Stored data entries
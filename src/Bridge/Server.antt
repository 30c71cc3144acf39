-- ===== src/Bridge/Server.antt =====
-- bridge/src/server.ts and auth.ts: the HTTP routes. A handler is a function of the server's state
-- that answers, or throws an error, with the state that it leaves; the handler of a turn is cut in two
-- where it waits for OpenClaw. A request comes with its headers, the body that `readJsonBody` gave and
-- the time. The headers of the answers and the log lines are left out.
pub mod Routes
pub mod Turns
pub mod Guards
pub mod Revocation
use erg.Prelude.{
  ℕ, ◌+◌, Bool, true, false, not, ◌&&◌, ◌||◌, Option, none, some, List, [], ◌∷◌, ◌++◌, Text, Map,
  codes, get, is_empty, is_space, or_else, text_eq, trim, trim_start, take, tidy_lines, ltb, ◌==◌,
  if◌then◌else◌,
}
use erg.Bridge.Store.{State}
use erg.Bridge.Services
use erg.Bridge.Services.{
  ApiError, pairing_code_required, pairing_code_looks_like_url, pairing_code_looks_like_token,
  pairing_code_invalid_format, pairing_code_not_found, pairing_code_locked, pairing_code_used,
  pairing_code_expired, pairing_code_incorrect, bootstrap_invalid, bootstrap_used,
  bootstrap_expired, bootstrap_session_not_found, device_inactive, refresh_invalid, device_revoked,
  refresh_reuse_detected, refresh_expired, access_invalid, invalid_ticket, device_not_found,
}
use erg.Bridge.Services.Pairing.{starts_with_ignore_case}
use erg.Bridge.RateLimit.{Buckets, check}
use erg.Bridge.Ingest.{Seen}
use erg.Bridge.Relay.{Relay}

-- The state behind the routes. The store of the services is that of the relay.
pub record Server : Type 0 where
  pub relay : Relay
  pub buckets : Buckets
  pub seen : Seen

-- A member of a JSON object: a string, or anything else.
pub data JsonValue : Type 0 where
  string : Text → JsonValue
  other : JsonValue

-- A body: no object, as is `null` for a text that is not JSON, or an object. An array is an object
-- with none of the members that are read.
pub data Body : Type 0 where
  no_object : Body
  object : Map JsonValue → Body

pub record Request : Type 0 where
  pub authorization : Option Text
  pub forwarded_for : Option Text
  pub body : Body
  pub now : ℕ

-- `typeof body.key === "string" ? body.key : undefined`
abbrev string_of : Option JsonValue → Option Text
string_of (some (string s)) = some s
string_of _ = none

unfoldable pub field : Body → Text → Option Text
unfolding get
field no_object key = none
field (object members) key = string_of (get members key)

-- The errors that the routes throw: those of the services, and their own.
pub data HttpError : Type 0 where
  api : ApiError → HttpError
  authorization_required : HttpError
  admin_unauthorized : HttpError
  -- With `retry_after_ms`.
  rate_limited : Option ℕ → HttpError
  refresh_invalid_request : HttpError
  hardware_bridge_unauthorized : HttpError
  hardware_bridge_invalid_request : HttpError

-- The status that the services give to each of their errors.
unfoldable pub api_status : ApiError → ℕ
api_status pairing_code_required = 400
api_status pairing_code_looks_like_url = 400
api_status pairing_code_looks_like_token = 400
api_status pairing_code_invalid_format = 400
api_status pairing_code_not_found = 404
api_status pairing_code_locked = 423
api_status pairing_code_used = 409
api_status pairing_code_expired = 410
api_status (pairing_code_incorrect remaining) = 400
api_status bootstrap_invalid = 401
api_status bootstrap_used = 409
api_status bootstrap_expired = 401
api_status bootstrap_session_not_found = 404
api_status device_inactive = 401
api_status refresh_invalid = 401
api_status device_revoked = 401
api_status refresh_reuse_detected = 401
api_status refresh_expired = 401
api_status access_invalid = 401
api_status invalid_ticket = 401
api_status device_not_found = 404

-- The code that the services give to each of their errors, by which a client tells them apart.
unfoldable pub api_code : ApiError → Text
api_code pairing_code_required = codes "pairing_code_required"
api_code pairing_code_looks_like_url = codes "pairing_code_looks_like_url"
api_code pairing_code_looks_like_token = codes "pairing_code_looks_like_token"
api_code pairing_code_invalid_format = codes "pairing_code_invalid_format"
api_code pairing_code_not_found = codes "pairing_code_not_found"
api_code pairing_code_locked = codes "pairing_code_locked"
api_code pairing_code_used = codes "pairing_code_used"
api_code pairing_code_expired = codes "pairing_code_expired"
api_code (pairing_code_incorrect remaining) = codes "pairing_code_incorrect"
api_code bootstrap_invalid = codes "bootstrap_invalid"
api_code bootstrap_used = codes "bootstrap_used"
api_code bootstrap_expired = codes "bootstrap_expired"
api_code bootstrap_session_not_found = codes "bootstrap_session_not_found"
api_code device_inactive = codes "device_inactive"
api_code refresh_invalid = codes "refresh_invalid"
api_code device_revoked = codes "device_revoked"
api_code refresh_reuse_detected = codes "refresh_reuse_detected"
api_code refresh_expired = codes "refresh_expired"
api_code access_invalid = codes "access_invalid"
api_code invalid_ticket = codes "invalid_ticket"
api_code device_not_found = codes "device_not_found"

unfoldable pub status_of : HttpError → ℕ
unfolding api_status
status_of (api e) = api_status e
status_of authorization_required = 401
status_of admin_unauthorized = 401
status_of (rate_limited retry_after_ms) = 429
status_of refresh_invalid_request = 400
status_of hardware_bridge_unauthorized = 401
status_of hardware_bridge_invalid_request = 400

pub data Result {ℓ} (A : Type ℓ) : Type ℓ where
  ok : A → Server → Result A
  thrown : HttpError → Server → Result A

abbrev pub M {ℓ} : Type ℓ → Type ℓ
M A = Server → Result A

infixl 5 ◌>>=◌ ◌>>◌
abbrev pub ◌>>=◌ {ℓ κ} : {A : Type ℓ} {B : Type κ} → M A → (A → M B) → M B
◌>>=◌ m f s = elim (m s) [ ok a s' ↦ f a s' | thrown e s' ↦ thrown e s' ]

abbrev pub ◌>>◌ {ℓ} : {B : Type ℓ} → M (Unit {0}) → M B → M B
◌>>◌ m k s = elim (m s) [ ok a s' ↦ k s' | thrown e s' ↦ thrown e s' ]

abbrev pub return {ℓ} : {A : Type ℓ} → A → M A
return a s = ok a s

abbrev pub throw_if : Bool → HttpError → M (Unit {0})
throw_if b e s = if b then thrown e s else ok tt s

abbrev pub or_throw {ℓ} : {A : Type ℓ} → Option A → HttpError → M A
or_throw none e s = thrown e s
or_throw (some a) e s = ok a s

abbrev pub gets {ℓ} : {A : Type ℓ} → (Server → A) → M A
gets f s = ok (f s) s

abbrev pub modify : (Server → Server) → M (Unit {0})
modify f s = ok tt (f s)

abbrev pub with_store : Server → State → Server
with_store s store = record s { relay = record s.relay { store = store } }

-- A call of a method of the services.
abbrev pub call {ℓ} : {A : Type ℓ} → Services.M A → M A
call m s = elim (m s.relay.store) [
  | Services.ok a store ↦ ok a (with_store s store)
  | Services.err e store ↦ thrown (api e) (with_store s store)
]

-- An answer is a body under a status, or an error body.
pub data Answer (A : Type 0) : Type 0 where
  json : ℕ → A → Answer A
  error_body : ℕ → HttpError → Answer A

-- The `try` of a handler, whose `catch` is `handleError`.
unfoldable pub respond : {A : Type 0} → ℕ → M A → Server → Server × Answer A
unfolding status_of
respond status m s = elim (m s) [
  | ok a s' ↦ (s', json status a)
  | thrown e s' ↦ (s', error_body (status_of e) e)
]

abbrev is_line_end : ℕ → Bool
is_line_end c = (c == 10) || (c == 13) || (c == 0x2028) || (c == 0x2029)

unfoldable pub has_line_end : Text → Bool
has_line_end [] = false
has_line_end (c ∷ s) = is_line_end c || has_line_end s

abbrev drop_text : Text → Text → Text
drop_text [] s = s
drop_text (p ∷ ps) [] = []
drop_text (p ∷ ps) (c ∷ s) = drop_text ps s

-- What stands after `Bearer`: white space, and a text of one line.
unfoldable pub token_after : Text → Option Text
unfolding is_space trim_start has_line_end
token_after [] = none
token_after (c ∷ s) =
    if is_space c
    then (let token = trim_start s in
        if is_empty token || has_line_end token then none else some token)
    else none

-- /^Bearer\s+(.+)$/i on the trimmed header.
unfoldable pub parse_bearer_token : Text → Option Text
unfolding trim starts_with_ignore_case token_after
parse_bearer_token header =
    let value = trim header in
    if starts_with_ignore_case (codes "BEARER") value
    then token_after (drop_text (codes "BEARER") value)
    else none

abbrev pub given : Option Text → Text
given none = []
given (some s) = s

unfoldable pub require_authorization_bearer : Request → M Text
require_authorization_bearer r =
    or_throw (parse_bearer_token (given r.authorization)) authorization_required

-- `split(",")[0]`
unfoldable pub before_comma : Text → Text
before_comma [] = []
before_comma (c ∷ s) = let rest = before_comma s in if c == b',' then [] else c ∷ rest

unfoldable pub client_ip : Request → Text
unfolding before_comma trim
client_ip r = or_else (trim (before_comma (given r.forwarded_for))) (codes "local")

unfoldable pub enforce_rate_limit : Request → Text → ℕ → ℕ → M (Unit {0})
unfolding client_ip check
enforce_rate_limit r route_key limit window_ms s =
    let key = route_key ++ codes ":" ++ client_ip r in
    let (buckets, outcome) = check s.buckets key limit window_ms r.now in
    let counted : Server = record s { buckets = buckets } in
    if not outcome.allowed
    then thrown (rate_limited outcome.retry_after_ms) counted
    else ok tt counted

unfoldable pub sanitize_hud_text : Text → Text
sanitize_hud_text value = take 2000 (trim (tidy_lines value))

▶ [Task objective]:
The required answer is the exact run of lines above starting at the line with "-- The status" and ending at the line with "api_status pairing_code_expired = 410", with both ends present.

▶ [Reply to the exercise]:
-- The status that the services give to each of their errors.
unfoldable pub api_status : ApiError → ℕ
api_status pairing_code_required = 400
api_status pairing_code_looks_like_url = 400
api_status pairing_code_looks_like_token = 400
api_status pairing_code_invalid_format = 400
api_status pairing_code_not_found = 404
api_status pairing_code_locked = 423
api_status pairing_code_used = 409
api_status pairing_code_expired = 410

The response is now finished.